Dan Murfet, Jesse Hoogland

We study applications of singular learning theory (SLT) to AI safety, with a focus on interpretability and alignment. Ideal candidates come from a strong technical background in mathematics, physics, computer science, or biology, and aren't afraid to get their hands dirty with ML experiments. We don't expect you to have deep expertise in SLT, but a shallow familiarity will help.

Apply

View all streams

Stream overview

We expect to support research projects applying singular learning theory (SLT) to AI safety, especially interpretability and alignment.

We support both empirical projects (e.g., applying Bayesian Influence Functions to study or improve unlearning) and theoretical projects (e.g., proving convergence properties of SGMCMC-based sampling methods). Most projects will involve both components: your specific focus will depend on your background and interests.

On the empirical side, a typical project will involve the following SLT-based tools:

Local Learning Coefficients (LLCs) and refined LLCs, which capture model complexity and generalization in singular settings.
Susceptibilities, which measure how model components respond to perturbations/distribution shifts.
Bayesian Influence Functions (BIFs), which measure how model predictions respond to perturbations/distribution shifts.

With these tools, we investigate diverse areas, such as the following:

Developmental interpretability: How do models acquire structure over training?
Spectroscopy ("Circuit discovery"): How can we locate which structures are responsible for model generalization?
Unlearning: Can we erase structure/knowledge in a targeted way?
Emergent misalignment: Can we predict at what fraction of harmful code data we end up with emergent misalignemnt?
Elicitation: Can we design data perturbations that elicit harmful outputs?

Mentors

Daniel Murfet (Dan)

Timaeus

Director of Research

SF Bay Area

—

Interpretability

Model Organisms

Red-Teaming

Safeguards

Scheming and Deception

I was until recently a professional mathematician at the University of Melbourne, where I worked on algebraic geometry, mathematical logic, some aspects of mathematical physics, and most recently statistical learning theory. As of early 2025 I left academia to direct research at Timaeus on AI safety.

Jesse Hoogland

Timaeus

Executive Director

SF Bay Area

—

Interpretability

Model Organisms

Red-Teaming

Safeguards

Scheming and Deception

Jesse is the co-founder and executive director of Timaeus, an AI safety non-profit researching applications of singular learning theory (SLT) to AI safety, particularly for interpretability and alignment. Jesse comes from a background in physics, and leads several research projects at Timaeus, in addition to being involved in outreach and operations.

Mentorship style

The team will meet weekly together with both mentors. Separately, you will meet 1-on-1 with at least one of the mentors every other week. We conduct our asynchronous communications through an internal Discord server. We expect you to schedule additional pair-programming/debugging calls with other people on the team as needed.

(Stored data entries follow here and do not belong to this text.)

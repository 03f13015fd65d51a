-- ===== src/Browser/Browse.antt =====
-- "Fetch" in TopicMessagesPage.tsx, and the query of `api.messages.browse` in lib/api.ts. The
-- conversion of a local date is a parameter, `none` where `toISOString` throws for an invalid date.
pub mod Query
pub mod Laws
use kafka_ui.Base.{
  ℕ, zero, suc, ◌+◌, Bool, true, false, not, ◌&&◌, ◌||◌, Option, none, some, List, [], ◌∷◌, ◌++◌,
  if◌then◌else◌, Text, codes, truthy, ℤ, pos, negsuc, parse_int,
}
use kafka_ui.Api.Messages.{BrowseParams}

pub data OffsetMode : Type 0 where
  latest earliest timestamp custom : OffsetMode

pub record Toolbar : Type 0 where
  pub partition : Text
  pub offset_mode : OffsetMode
  pub custom_offset : Text
  pub timestamp : Text
  pub limit : ℤ
  pub cel_filter : Text

abbrev pub initial_toolbar : Toolbar
initial_toolbar = record {
  partition = [];
  offset_mode = earliest;
  custom_offset = [];
  timestamp = [];
  limit = pos 100;
  cel_filter = [];
}

-- `parseInt(e.target.value) || 100`
unfoldable pub limit_of : Text → ℤ
limit_of value = elim (parse_int value) [
  | none ↦ pos 100
  | some (pos zero) ↦ pos 100
  | some (pos (suc n)) ↦ pos (suc n)
  | some (negsuc n) ↦ negsuc n
]

abbrev blank_params : ℤ → BrowseParams
blank_params limit = record {
  partition = none;
  offset = none;
  limit = some (some limit);
  timestamp = none;
  filter = none;
}

module _ (to_iso_string : Text → Option Text) where
  unfoldable pub start_of : Toolbar → BrowseParams → Option BrowseParams
  start_of t p = elim t.offset_mode [
    | latest ↦ some (record p { offset = some (codes "latest") })
    | earliest ↦ some (record p { offset = some (codes "earliest") })
    | custom ↦ some (record p { offset = some t.custom_offset })
    | timestamp ↦ elim (to_iso_string t.timestamp) [
      | none ↦ none
      | some iso ↦ some (record p { timestamp = some iso })
    ]
  ]

  -- The parameters that "Fetch" asks for; `none` if it throws before it sets any.
  unfoldable pub fetch_params : Toolbar → Option BrowseParams
  unfolding start_of
  fetch_params t =
      let p : BrowseParams = record (blank_params t.limit) {
        partition = if truthy t.partition then some (parse_int t.partition) else none;
      } in
      elim (start_of t p) [
        | none ↦ none
        | some q ↦ some (if truthy t.cel_filter then record q { filter = some t.cel_filter } else q)
      ]

-- The pairs that `api.messages.browse` sets, in their order. `String` of a number is a parameter,
-- `none` is NaN.
abbrev pub Query : Type 0
Query = List (Text × Text)

-- `if (value) searchParams.set(name, value)`
abbrev pub set_text : Text → Option Text → Query
set_text name none = []
set_text name (some value) = if truthy value then (name, value) ∷ [] else []

module _ (to_string : Option ℤ → Text) where
  -- `if (value !== undefined) searchParams.set(name, String(value))`
  abbrev pub set_number : Text → Option (Option ℤ) → Query
  set_number name none = []
  set_number name (some n) = (name, to_string n) ∷ []

  unfoldable pub browse_query : BrowseParams → Query
  browse_query p =
      set_number (codes "partition") p.partition
      ++ (set_text (codes "offset") p.offset
          ++ (set_number (codes "limit") p.limit
              ++ (set_text (codes "timestamp") p.timestamp ++ set_text (codes "filter") p.filter)))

We'll help with research obstacles, including outside of meetings.

Representative papers

An overview of our research agenda:

You Are What You Eat -- AI Alignment Requires Understanding How Data Shapes Structure and Generalisation

SLT for Data Attribution:

SLT for Interpretability:

Foundations of SLT:

Scholars we are looking for

If you're interested in working on more of the empirical side, you should have prior experience with ML engineering (at least at the level of a program like ARENA) and prior research experience (potentially in a field outside of ML). A bonus would be prior familiarity with designing and running ML experiments or research specifically in AI safety.

If you're interested in working on more of the theoretical side, you should have prior research experience in a relevant field like mathematics, theoretical physics, or theoretical computer science.

Please make sure that your background and interests are clearly described in your application. By default, we'll be looking for evidence of research ability in the form of publications.

We do not expect you to already be aware of SLT, but if you pass the first round, please prepare by conducting some background reading (see: timaeus.co/learn).

You will most likely be working in a team with 2-4 other people, led by one of this stream's mentors. In some cases, scholars also work on their own or with their own collaborators.

Project selection

Mentor(s) will talk through project ideas with scholar and suggest several options to choose from.